This course aims to introduce students to optimization methods in a static context. The instruments, explained during the course, are crucial to describe the efficient behaviour of economic agents. Both unconstrained and constrained optimization methods will be presented during the course. At the end of the course students should be able to represent the behaviour of agents through the formalization of a constrained optimization problem and solve it using the mathematical results and the graphical approaches discussed during classes.
Expected learning outcomes
At the end of the course, the student will know the basic elements of the optimization theory in a static framework; will be able to formulate appropriate optimization problems; will possess an adequate mathematical terminology; will learn the main theoretical results and practical methods related to the optimization problems that can describe the behaviour of an economic agent.
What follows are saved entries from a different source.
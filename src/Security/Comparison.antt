-- ===== src/Security/Comparison.antt =====
-- `validate_pair`, `compare` and `score_comparison` of app/services/audit_comparison.py. The order of
-- the finding keys and that of the identifiers are arguments, and instants are UTC.
pub mod Remediation
pub mod Coverage
use net_ops_guard.Prelude.{
  ℕ, ◌-◌, String, Option, none, some, Bool, true, false, not, ◌&&◌, ◌||◌, List, [], ◌∷◌, ◌++◌, ◌==◌,
  str_eq, map, all, any, select, sort_by, ltb, if◌then◌else◌, is_some, is_empty, length,
}
use net_ops_guard.Prelude.Result.{Result, ok, err, ◌>>=◌, ◌>>◌}
use net_ops_guard.Security.Assessments.{
  Observation, pass, fail, manual_review, unsupported, na, warn, AuditFinding, FindingKey,
  finding_key, same_key, Score, finite, not_finite, Value, number, Assessment, Evidence, Problem,
  manifest_of, identity, problem, incompatibility,
}

pub data ComparisonError : Type 0 where
  same_execution no_identity other_device wrong_order : ComparisonError

pub data Category : Type 0 where
  indeterminate awaiting_review first_observed resolved persistent regression : Category

pub data Reason : Type 0 where
  ambiguous explicit_pass failed_twice confirmed_regression not_evaluated not_confirmed
        unconfirmed_failure :
      Reason
  because : Problem → Reason
  awaiting : Option Problem → Reason

pub record Item : Type 0 where
  pub category : Category
  pub reason : Reason
  pub key : FindingKey
  pub previous : List AuditFinding
  pub current : List AuditFinding

abbrev require : Bool → ComparisonError → Result ComparisonError (Unit {0})
require true e = ok tt
require false e = err e

abbrev same_device : Option String → Option String → Result ComparisonError (Unit {0})
same_device (some a) (some b) = require (str_eq a b) other_device
same_device _ _ = err no_identity

abbrev pub status_is_fail : Observation → Bool
status_is_fail fail = true
status_is_fail _ = false

abbrev pub status_is_pass : Observation → Bool
status_is_pass pass = true
status_is_pass _ = false

abbrev status_is_manual : Observation → Bool
status_is_manual manual_review = true
status_is_manual _ = false

-- `a in {'pass', 'fail'}`, `a == 'pass'` and so on for a status that may be None.
abbrev holds : (Observation → Bool) → Option Observation → Bool
holds p none = false
holds p (some s) = p s

-- `rows[0].status if len(rows) == 1 else None`
abbrev single : List AuditFinding → Option Observation
single (f ∷ []) = some f.status
single _ = none

abbrev several : List AuditFinding → Bool
several (f ∷ g ∷ fs) = true
several _ = false

abbrev named : FindingKey → Bool
named k = not (str_eq k.domain "") && not (str_eq k.check_id "")

-- `{f.status for f in previous + current}` meets `{'fail', 'manual_review'}`.
abbrev pub is_relevant : List AuditFinding → Bool
is_relevant rows = any (λ f. status_is_fail f.status || status_is_manual f.status) rows

-- The chain of tests, when the newer assessment has no problem of its own.
judge_sound :
    Option Problem
    → List AuditFinding
    → List AuditFinding
    → Option Observation
    → Option Observation
    → Category × Reason
judge_sound common previous current a b =
    if holds status_is_manual b
    then (awaiting_review, awaiting common)
    else if holds status_is_fail b
        && (is_empty previous
            || (not (holds status_is_pass a || holds status_is_fail a)
                || (holds status_is_pass a && is_some common)))
    then (first_observed, unconfirmed_failure)
    else elim common [
      | some p ↦ (indeterminate, because p)
      | none ↦
          if holds status_is_fail a && holds status_is_pass b
          then (resolved, explicit_pass)
          else if holds status_is_fail a && holds status_is_fail b
          then (persistent, failed_twice)
          else if holds status_is_pass a && holds status_is_fail b
          then (regression, confirmed_regression)
          else if is_empty current
          then (indeterminate, not_evaluated)
          else (indeterminate, not_confirmed)
    ]

unfoldable pub judge :
    Option Problem
    → Option Problem
    → FindingKey
    → List AuditFinding
    → List AuditFinding
    → Category × Reason
unfolding judge_sound
judge common new_problem key previous current =
    if several previous || (several current || not (named key))
    then (indeterminate, ambiguous)
    else elim new_problem [
      | some p ↦ (indeterminate, because p)
      | none ↦ judge_sound common previous current (single previous) (single current)
    ]

-- Why there is no difference of the scores.
pub data NoScore : Type 0 where
  no_pair : ComparisonError → NoScore
  incompatible : Problem → NoScore
  coverage_differs applicability_changed score_unavailable score_differs : NoScore

-- A difference of two scores, in tenths.
pub data Delta : Type 0 where
  gain loss : ℕ → Delta

abbrev same_status : Observation → Observation → Bool
same_status pass pass = true
same_status fail fail = true
same_status na na = true
same_status warn warn = true
same_status manual_review manual_review = true
same_status (unsupported s) (unsupported t) = str_eq s t
same_status _ _ = false

abbrev is_verdict : Observation → Bool
is_verdict s = status_is_pass s || status_is_fail s

abbrev recorded : ℕ → Value → Bool
recorded n (number (finite m)) = n == m
recorded n _ = false

-- The members of a set of keys.
distinct : List FindingKey → List FindingKey
distinct [] = []
distinct (k ∷ ks) = k ∷ select (λ j. not (same_key k j)) (distinct ks)

module _ (evidence : Evidence) (key_le : FindingKey → FindingKey → Bool)
    (id_le : AuditFinding → AuditFinding → Bool) where
  unfoldable pub validate_pair : Assessment → Assessment → Result ComparisonError (Unit {0})
  unfolding identity
  validate_pair old new = do
    require (not (old.run.id == new.run.id)) same_execution
    same_device (identity evidence old) (identity evidence new)
    require (not (ltb new.run.started_at old.run.started_at)) wrong_order

  -- `grouped().get(key, [])`
  unfoldable pub grouped : Assessment → FindingKey → List AuditFinding
  unfolding finding_key sort_by
  grouped a key = sort_by id_le (select (λ f. same_key (finding_key f) key) a.findings)

  -- `sorted(set(before) | set(after))`
  all_keys : Assessment → Assessment → List FindingKey
  unfolding distinct finding_key sort_by
  all_keys old new = sort_by key_le (distinct (map finding_key (old.findings ++ new.findings)))

  item_of : Assessment → Assessment → FindingKey → Item
  unfolding judge grouped incompatibility problem
  item_of old new key =
      let previous = grouped old key in
      let current = grouped new key in
      let (category, reason) =
        judge (incompatibility evidence old new) (problem evidence new) key previous current in
      record {
        category = category;
        reason = reason;
        key = key;
        previous = previous;
        current = current;
      }

  abbrev kept : Item → Bool
  kept item = is_relevant (item.previous ++ item.current)

  unfoldable pub compare_items : Assessment → Assessment → List Item
  unfolding all_keys item_of
  compare_items old new = select kept (map (item_of old new) (all_keys old new))

  unfoldable pub compare : Assessment → Assessment → Result ComparisonError (List Item)
  unfolding validate_pair compare_items
  compare old new = validate_pair old new >> ok (compare_items old new)

  score_statuses : Assessment → Assessment → FindingKey → Bool
  unfolding grouped
  score_statuses old new key = elim (single (grouped old key)) [
    | none ↦ false
    | some a ↦ elim (single (grouped new key)) [
      | none ↦ false
      | some b ↦ same_status a b || (is_verdict a && is_verdict b)
    ]
  ]

  -- The two dictionaries have the same keys, with one finding each.
  same_coverage : Assessment → Assessment → Bool
  unfolding distinct finding_key grouped
  same_coverage old new =
      let before = distinct (map finding_key old.findings) in
      let after = distinct (map finding_key new.findings) in
      not (is_empty before)
      && (all (λ k. any (same_key k) after) before
          && (all (λ k. any (same_key k) before) after
              && (all named before
                  && (all (λ k. is_some (single (grouped old k))) before
                      && all (λ k. is_some (single (grouped new k))) after))))

  -- `round(scores[1] - scores[0], 1)`, of which the arguments are tenths.
  delta_of : Assessment → Assessment → Result NoScore Delta
  delta_of old new = elim old.run.overall_score [
    | some (finite before) ↦ elim new.run.overall_score [
      | some (finite after) ↦
          if recorded before (manifest_of old).score && recorded after (manifest_of new).score
          then ok (if ltb after before then loss (before - after) else gain (after - before))
          else err score_differs
      | _ ↦ err score_unavailable
    ]
    | _ ↦ err score_unavailable
  ]

  comparable_score : Assessment → Assessment → Result NoScore Delta
  unfolding incompatibility same_coverage score_statuses delta_of distinct finding_key
  comparable_score old new = elim (incompatibility evidence old new) [
    | some p ↦ err (incompatible p)
    | none ↦
        if not (same_coverage old new)
        then err coverage_differs
        else if not (all (score_statuses old new) (distinct (map finding_key old.findings)))
        then err applicability_changed
        else delta_of old new
  ]

  unfoldable pub score_comparison : Assessment → Assessment → Result NoScore Delta
  unfolding validate_pair comparable_score
  score_comparison old new = elim (validate_pair old new) [
    | err e ↦ err (no_pair e)
    | ok u ↦ comparable_score old new
  ]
1. Multivariate Calculus 1.a Gradients and Directional Derivateves 1.b Convex Sets 1.c Concave and Convex Functions 1.d Eigenvalues and Quadratic Forms 2. Static Optimization 2.a First and Second Order Conditions for Unconstrained Problems 2.b Constrained Optimization Problems: Equality Constraints First and Second Order Conditions 2.c Constrained Optimization Problems: Inequality Constraints First and Second Order Conditions 2.d Constrained Optimization Problems: Nonnegativity Constraints First and Second Order Conditions
Prerequisites for admission
Calculus I and Linear Algebra.
Lecture and tutorial
Knut Sydsaeter, Peter Hammond, Atle Seierstad, Arne Strom, Further Mathematics for Economic Analysis, Financial Times Prentice Hall, 2008 (chapters 1,2,3).
Assessment methods and Criteria
Written exam composed of practical exercises where the students have to choose the best method among those discussed in classes and apply them in a correct way.